Methods: PGD can be performed by either polar body (PBD) or trophoblast (TBD) diagnosis. Whereas PBD is an indirect analysis of the oocyte, TBD uses 1 – 10 trophoblast cells from d5 blastocysts following intracytoplasmatic sperm injection (ICSI). Cytogenetic diagnosis is performed on whole genome amplified DNA, which is hybridized together with a normal male reference overnight on a 1 Mb BAC array from PerkinElmer (ConstitutionalChip 4.0, HG 18) or BAC arrays from BlueGnome (24sure or 24sure+, HG 19). Monogenetic diagnostics need an individually developed test setting.
Results: Since 2010 we had 165 enquiries, who are interested in PGD either for monogenetic disorders (46/165; 28.1%), Robertsonian translocations (21/165; 12.9%), reciprocal translocations (64/165; 38.0%), inversions (2/165; 1.2%) or aneuploidy screening (32/165; 19.6%).

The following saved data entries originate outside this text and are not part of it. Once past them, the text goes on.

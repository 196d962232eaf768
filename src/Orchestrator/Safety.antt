-- ===== src/Orchestrator/Safety.antt =====
-- Every operation of the orchestrator, and every sequence of them, under `Evolves`.
use software_engineering_age.Prelude.{String, ◌≡◌, refl, ◌⊎◌, Option, none, some, List, [], ◌∷◌}
use software_engineering_age.Domain.{completed, cancelled, TaskCreate}
use software_engineering_age.Effects.{Result, ok, err, cancelled_error}
use software_engineering_age.Effects.Rules.{Respects}
use software_engineering_age.Lifecycle.Diagram.{final_absorbs}
use software_engineering_age.Table.{find, IsKeyed}
use software_engineering_age.Models.{TaskRow, WorkItem, World}
use software_engineering_age.Repositories.Tasks.{task_key}
use software_engineering_age.Queue
use software_engineering_age.Queue.{taken}
use software_engineering_age.Orchestrator.{
  Settings, submit, send_instruction, retry, cancel, reconcile,
}
use software_engineering_age.Orchestrator.Execute.{Services, execute}
use software_engineering_age.Orchestrator.Worker.{
  run_item, worker_round, acknowledge, process, start_running, stop_running,
}
use software_engineering_age.Orchestrator.Evolution.{Evolves, Evolves_order, Evolves_same}
use software_engineering_age.Orchestrator.Evolution.Operations.{evolves_rules}
use software_engineering_age.Orchestrator.Evolution.Parts.{IsTame}
use software_engineering_age.Orchestrator.Evolution.Calls.{
  submit-Evolves, send_instruction-Evolves, retry-Evolves, cancel-Evolves, reconcile-Evolves,
}
use software_engineering_age.Orchestrator.Evolution.Execution.{execute-Evolves}

ack-Evolves : (item : WorkItem) → Respects Evolves (Queue.ack item)
unfolding Queue.ack
ack-Evolves item = search evolves_rules

acknowledge-Evolves :
    (item : WorkItem) (r : Result (Unit {0})) → Respects Evolves (acknowledge item r)
acknowledge-Evolves item (ok u) = ack-Evolves item
acknowledge-Evolves item (err cancelled_error) = search (evolves_rules, ack-Evolves) depth 8
acknowledge-Evolves item (err _) = search evolves_rules

queue_get-Evolves : Respects Evolves Queue.get
unfolding Queue.get
queue_get-Evolves = record { at = λ w. at_queue w.queue w }
  where
    at_queue : (items : List WorkItem) (w : World) → Evolves w (taken items w).1
    at_queue [] w = Evolves_order.reflexive w
    at_queue (item ∷ rest) w = Evolves_same w _ refl

module _ (services : Services) (tame : IsTame services) where
  run_item-Evolves : (item : WorkItem) → Respects Evolves (run_item services item)
  unfolding run_item
  run_item-Evolves item = record {
    at = λ w.
        let (outcome, w₁) = execute services item.task_id (start_running item.task_id w) in
        let (r, w₂) = acknowledge item outcome w₁ in
        Evolves_order.transitive w w₁ _
          (Evolves_order.transitive w (start_running item.task_id w) w₁
            (Evolves_same w (start_running item.task_id w) refl)
            ((execute-Evolves services tame item.task_id).at (start_running item.task_id w)))
          (Evolves_order.transitive w₁ w₂ _ ((acknowledge-Evolves item outcome).at w₁)
            (Evolves_same w₂ (stop_running item.task_id w₂) refl));
  }

  process-Evolves : (found : Option WorkItem) → Respects Evolves (process services found)
  unfolding process
  process-Evolves none = search evolves_rules
  process-Evolves (some item) = search (evolves_rules, run_item-Evolves, ack-Evolves) depth 8

  worker_round-Evolves : Respects Evolves (worker_round services)
  unfolding worker_round
  worker_round-Evolves = search (evolves_rules, queue_get-Evolves, process-Evolves)

-- What an API call, the start-up or a worker may do next.
pub data Request : Type 0 where
  submission : TaskCreate → Request
  instruction : String → String → Request
  retrying : String → Request
  cancelling : String → Request
  reconciling : Request
  working : Request

unfoldable pub perform : Settings → Services → Request → World → World
perform settings services (submission request) w = (submit settings request w).1
perform settings services (instruction id message) w = (send_instruction id message w).1
perform settings services (retrying id) w = (retry id w).1
perform settings services (cancelling id) w = (cancel id w).1
perform settings services reconciling w = (reconcile w).1
perform settings services working w = (worker_round services w).1

unfoldable pub serve : Settings → Services → List Request → World → World
serve settings services [] w = w
serve settings services (r ∷ rest) w = serve settings services rest (perform settings services r w)

module _ (settings : Settings) (services : Services) (tame : IsTame services) where
  perform-Evolves : (r : Request) (w : World) → Evolves w (perform settings services r w)
  unfolding perform
  perform-Evolves (submission request) w = (submit-Evolves settings request).at w
  perform-Evolves (instruction id message) w = (send_instruction-Evolves id message).at w
  perform-Evolves (retrying id) w = (retry-Evolves id).at w
  perform-Evolves (cancelling id) w = (cancel-Evolves id).at w
  perform-Evolves reconciling w = reconcile-Evolves.at w
  perform-Evolves working w = (worker_round-Evolves services tame).at w

  -- With services that change tasks in these ways only: whatever requests are served, in whatever
  -- order and however they end, a table with one row to an id stays one and no task is lost, and
  -- each task's status has moved along the lifecycle only, its version has not fallen, and it has
  -- the instruction and the session that it had.
  pub serve-Evolves :
      (requests : List Request) (w : World) → Evolves w (serve settings services requests w)
  unfolding serve
  serve-Evolves [] w = Evolves_order.reflexive w
  serve-Evolves (r ∷ rest) w =
      Evolves_order.transitive w (perform settings services r w) _ (perform-Evolves r w)
        (serve-Evolves rest (perform settings services r w))

  -- With services that change tasks along the lifecycle only, on a table with one row to an id: a task that is completed or cancelled
  -- keeps that status, whatever requests are served.
  pub final_status_stays :
      (requests : List Request) (w : World) (id : String) (row : TaskRow)
      → IsKeyed task_key w.tasks
      → find task_key id w.tasks ≡ some row
      → (row.status ≡ completed) ⊎ (row.status ≡ cancelled)
      → (row' : TaskRow) × (find task_key id (serve settings services requests w).tasks ≡ some row')
        × (row'.status ≡ row.status)
  final_status_stays requests w id row keyed found final =
      let (row', found', step) = (serve-Evolves requests w).progress keyed id row found in
      (row', found', final_absorbs step.status final)
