-- ===== src/Runtime/Agent/Evolution.antt =====
-- src/minion/runtime/agent.py: the agent keeps the laws that the orchestrator asks of it, if the
-- model and the tools do.
use software_engineering_age.Prelude.{ℕ, zero, suc, String, Option, none, some, List, [], ◌∷◌}
use software_engineering_age.Domain.{TaskView, Payload}
use software_engineering_age.Effects.{Exn, cancelled_error, Action}
use software_engineering_age.Effects.Rules.{
  Respects, Respects-bind, Respects-pure, Respects-catching, Respects-raise, Respects-if,
}
use software_engineering_age.Models.{World}
use software_engineering_age.Orchestrator.Evolution.{Evolves, Evolves_order}
use software_engineering_age.Orchestrator.Evolution.Operations.{evolves_rules}
use software_engineering_age.Runtime.Context.Window.{Message}
use software_engineering_age.Runtime.Context.Evolution.{
  execute_control_tool-Evolves, maybe_compact-Evolves, build_messages-Evolves,
}
use software_engineering_age.Orchestrator.{Settings}
use software_engineering_age.Orchestrator.Execute.{Services}
use software_engineering_age.Runtime.Workspace.{Workspace}
use software_engineering_age.Orchestrator.Evolution.Parts.{IsTame}
use software_engineering_age.Orchestrator.Safety.{Request, serve, serve-Evolves}
use software_engineering_age.Runtime.Agent.{
  CodingAgent, ToolCall, attempts, unless_cancelled, model_turn, announce_tool,
  record_external_result, run_external_call, run_control_call, run_ordered, or_end, run_batch,
  execute_turn_tools, say, act, run_step, or_finish, run_from, run,
}

unless_cancelled-Evolves :
    {A : Type 0} (next : Action World A) (e : Exn)
    → Respects Evolves next
    → Respects Evolves (unless_cancelled next e)
unless_cancelled-Evolves next cancelled_error h = Respects-raise Evolves_order _
unless_cancelled-Evolves next _ h = h

attempts-Evolves :
    {A : Type 0} (n : ℕ) (m : Action World A) → Respects Evolves m → Respects Evolves (attempts n m)
unfolding attempts
attempts-Evolves zero m h = h
attempts-Evolves (suc n) m h =
    Respects-catching Evolves_order m _ h
      (λ e. unless_cancelled-Evolves (attempts n m) e (attempts-Evolves n m h))

-- What the model and the tools may do to the tasks: what the control plane does.
pub record IsTameAgent (agent : CodingAgent) : Type 0 where
  pub complete : (messages : List Message) → Respects Evolves (agent.complete messages)
  pub execute :
      (name : String) (arguments : Payload) → Respects Evolves (agent.execute name arguments)

module _ (agent : CodingAgent) (tame : IsTameAgent agent) (task : TaskView) where
  complete-Evolves : (messages : List Message) → Respects Evolves (agent.complete messages)
  complete-Evolves = tame.complete

  execute-Evolves :
      (name : String) (arguments : Payload) → Respects Evolves (agent.execute name arguments)
  execute-Evolves = tame.execute

  model_turn-Evolves : (messages : List Message) → Respects Evolves (model_turn agent messages)
  unfolding model_turn
  model_turn-Evolves messages =
      attempts-Evolves 2 (agent.complete messages) (tame.complete messages)

  announce_tool-Evolves : (call : ToolCall) → Respects Evolves (announce_tool task call)
  unfolding announce_tool
  announce_tool-Evolves call = search evolves_rules depth 6

  run_external_call-Evolves :
      (call : ToolCall) → Respects Evolves (run_external_call agent task call)
  unfolding run_external_call record_external_result
  run_external_call-Evolves call = search (evolves_rules, execute-Evolves) depth 12

  run_control_call-Evolves : (call : ToolCall) → Respects Evolves (run_control_call agent task call)
  unfolding run_control_call
  run_control_call-Evolves call = search (evolves_rules, execute_control_tool-Evolves) depth 8

  or_end-Evolves :
      (next : Action World (Option Payload)) (o : Option Payload)
      → Respects Evolves next
      → Respects Evolves (or_end next o)
  or_end-Evolves next none h = h
  or_end-Evolves next (some p) h = Respects-pure Evolves_order _

  run_ordered-Evolves : (calls : List ToolCall) → Respects Evolves (run_ordered agent task calls)
  unfolding run_ordered
  run_ordered-Evolves [] = Respects-pure Evolves_order none
  run_ordered-Evolves (call ∷ rest) =
      let ih = run_ordered-Evolves rest in
      Respects-if Evolves_order _ _ _
        (Respects-bind Evolves_order _ _ (run_control_call-Evolves call)
          (λ o. or_end-Evolves (run_ordered agent task rest) o ih))
        (Respects-bind Evolves_order _ _ (run_external_call-Evolves call) (λ _. ih))

  say-Evolves : (step : ℕ) (content : String) → Respects Evolves (say task step content)
  unfolding say
  say-Evolves step content = search evolves_rules depth 6

  act-Evolves : (step : ℕ) (calls : List ToolCall) → Respects Evolves (act agent task step calls)
  unfolding act execute_turn_tools run_batch
  act-Evolves step calls =
      search
        (
          evolves_rules, say-Evolves, announce_tool-Evolves, run_external_call-Evolves,
          run_ordered-Evolves,
        )
        depth 14

  run_step-Evolves : (step : ℕ) → Respects Evolves (run_step agent task step)
  unfolding run_step
  run_step-Evolves step =
      search
        (
          evolves_rules, maybe_compact-Evolves, build_messages-Evolves, model_turn-Evolves,
          say-Evolves, act-Evolves,
        )
        depth 16

  or_finish-Evolves :
      (step : ℕ) (next : Action World Payload) (o : Option Payload)
      → Respects Evolves next
      → Respects Evolves (or_finish step next o)
  or_finish-Evolves step next none h = h
  or_finish-Evolves step next (some p) h = Respects-pure Evolves_order _

  run_from-Evolves : (step left : ℕ) → Respects Evolves (run_from agent task step left)
  unfolding run_from
  run_from-Evolves step zero = Respects-raise Evolves_order _
  run_from-Evolves step (suc left) =
      let ih = run_from-Evolves (suc step) left in
      Respects-bind Evolves_order _ _ (run_step-Evolves step)
        (λ o. or_finish-Evolves step (run_from agent task (suc step) left) o ih)

  run-Evolves : Respects Evolves (run agent task)
  unfolding run
  run-Evolves = run_from-Evolves 1 agent.max_steps

-- The services with an agent for each workspace, as `agent_factory` makes one.
abbrev pub with_agents : (Workspace → CodingAgent) → Services → Services
with_agents agents services = record services {
  run_agent = λ workspace task. run (agents workspace) task;
}

IsTame-with_agents :
    (agents : Workspace → CodingAgent) (services : Services)
    → ((workspace : Workspace) → IsTameAgent (agents workspace))
    → IsTame services
    → IsTame (with_agents agents services)
IsTame-with_agents agents services h tame = record {
  attach = tame.attach;
  allocate = tame.allocate;
  release = tame.release;
  ensure_index = tame.ensure_index;
  run_agent = λ workspace task. run-Evolves (agents workspace) (h workspace) task;
  publish = tame.publish;
}

-- With agents whose model and tools change tasks as the control plane does only, and other services
-- that do so too: whatever requests are served, with the agents' runs in between, a table with one
-- row to an id stays one and no task is lost, and each task's status has moved along the lifecycle
-- only, its version has not fallen, and it has the instruction and the session that it had.
pub agents-Evolves :
    (settings : Settings) (services : Services) (agents : Workspace → CodingAgent)
    → IsTame services
    → ((workspace : Workspace) → IsTameAgent (agents workspace))
    → (requests : List Request) (w : World)
    → Evolves w (serve settings (with_agents agents services) requests w)
agents-Evolves settings services agents tame h requests w =
    serve-Evolves settings (with_agents agents services) (IsTame-with_agents agents services h tame)
      requests w
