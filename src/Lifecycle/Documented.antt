-- ===== src/Lifecycle/Documented.antt =====
-- The table of src/minion/state_machine.py beside the diagram of docs/LLD.md, section 4.
use software_engineering_age.Prelude.{◌≡◌, refl, ◌⊎◌, inl, inr, ◌↔◌, arith}
use software_engineering_age.Domain.{
  TaskStatus, created, queued, running, waiting_for_user, cancelling, cancelled, failed, completed,
}
use software_engineering_age.Effects.{ok}
use software_engineering_age.Lifecycle.{validate_transition}
use software_engineering_age.Lifecycle.Diagram.{validate_transition_iff}

-- The arrows of the diagram, in its order.
pub data Documented : TaskStatus → TaskStatus → Type 0 where
  created_queued : Documented created queued
  queued_provisioning : Documented queued TaskStatus.provisioning
  provisioning_running : Documented TaskStatus.provisioning running
  running_completed : Documented running completed
  running_failed : Documented running failed
  provisioning_failed : Documented TaskStatus.provisioning failed
  explicit_retry : Documented failed queued
  running_waiting : Documented running waiting_for_user
  waiting_running : Documented waiting_for_user running
  created_cancelling : Documented created cancelling
  queued_cancelling : Documented queued cancelling
  provisioning_cancelling : Documented TaskStatus.provisioning cancelling
  running_cancelling : Documented running cancelling
  waiting_cancelling : Documented waiting_for_user cancelling
  cancelling_cancelled : Documented cancelling cancelled

-- What the table allows and the diagram has not got.
pub data Undocumented : TaskStatus → TaskStatus → Type 0 where
  withdraw : Undocumented created cancelled
  queued_failed : Undocumented queued failed
  waiting_failed : Undocumented waiting_for_user failed
  cancelling_failed : Undocumented cancelling failed

ruleset arrows = (
  created_queued, queued_provisioning, provisioning_running, running_completed, running_failed,
  provisioning_failed, explicit_retry, running_waiting, waiting_running, created_cancelling,
  queued_cancelling, provisioning_cancelling, running_cancelling, waiting_cancelling,
  cancelling_cancelled, withdraw, queued_failed, waiting_failed, cancelling_failed,
)

accepted :
    (s t : TaskStatus)
    → validate_transition s t ≡ ok tt
    → (t ≡ s) ⊎ Documented s t ⊎ Undocumented s t
unfolding validate_transition
accepted s t h = grind (arith, arrows)

not_missing :
    (s t : TaskStatus) → validate_transition s t ≡ ok tt → ¬ ((s ≡ created) × (t ≡ cancelling))
unfolding validate_transition
not_missing s t h (e, e') = grind arith

Documented-ok :
    {s t : TaskStatus}
    → Documented s t
    → ¬ ((s ≡ created) × (t ≡ cancelling))
    → validate_transition s t ≡ ok tt
unfolding validate_transition
Documented-ok created_cancelling n = absurd (n (refl, refl))
Documented-ok created_queued n = refl
Documented-ok queued_provisioning n = refl
Documented-ok provisioning_running n = refl
Documented-ok running_completed n = refl
Documented-ok running_failed n = refl
Documented-ok provisioning_failed n = refl
Documented-ok explicit_retry n = refl
Documented-ok running_waiting n = refl
Documented-ok waiting_running n = refl
Documented-ok queued_cancelling n = refl
Documented-ok provisioning_cancelling n = refl
Documented-ok running_cancelling n = refl
Documented-ok waiting_cancelling n = refl
Documented-ok cancelling_cancelled n = refl

Undocumented-ok : {s t : TaskStatus} → Undocumented s t → validate_transition s t ≡ ok tt
unfolding validate_transition
Undocumented-ok withdraw = refl
Undocumented-ok queued_failed = refl
Undocumented-ok waiting_failed = refl
Undocumented-ok cancelling_failed = refl

-- A transition is accepted exactly when the target is the current status, or it is an arrow of the
-- documented diagram other than the one from `created` to `cancelling`, or one of four that the
-- diagram has not got: from `created` to `cancelled`, and from `queued`, `waiting_for_user` and
-- `cancelling` to `failed`.
pub validate_transition-Documented :
    (s t : TaskStatus)
    → (validate_transition s t ≡ ok tt)
      ↔ ((t ≡ s) ⊎ ((Documented s t × ¬ ((s ≡ created) × (t ≡ cancelling))) ⊎ Undocumented s t))
validate_transition-Documented s t = (only_if, back)
  where
    only_if :
        validate_transition s t ≡ ok tt
        → (t ≡ s) ⊎ ((Documented s t × ¬ ((s ≡ created) × (t ≡ cancelling))) ⊎ Undocumented s t)
    only_if h = elim (accepted s t h) [
      | inl e ↦ inl e
      | inr (inl d) ↦ inr (inl (d, not_missing s t h))
      | inr (inr u) ↦ inr (inr u)
    ]

    back :
        (t ≡ s) ⊎ ((Documented s t × ¬ ((s ≡ created) × (t ≡ cancelling))) ⊎ Undocumented s t)
        → validate_transition s t ≡ ok tt
    back (inl e) = (validate_transition_iff s t).1 (inl e)
    back (inr (inl (d, n))) = Documented-ok d n
    back (inr (inr u)) = Undocumented-ok u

From all enquiries 82 (49.7%) couples received genetic counselling – 19 (23.2%) for monogenetic disorders, 10 (12.2%) for Robertsonian translocations, 28 (34.2%) for reciprocal translocations, 2 (2.4%) for inversions and 23 (28.0%) for aneuploidy screening. More than half are waiting for their first PGD cycle to be performed.
Conclusion: We expect growing interest due to increased awareness of treatment alternatives for couples with reproductive genetic impairment.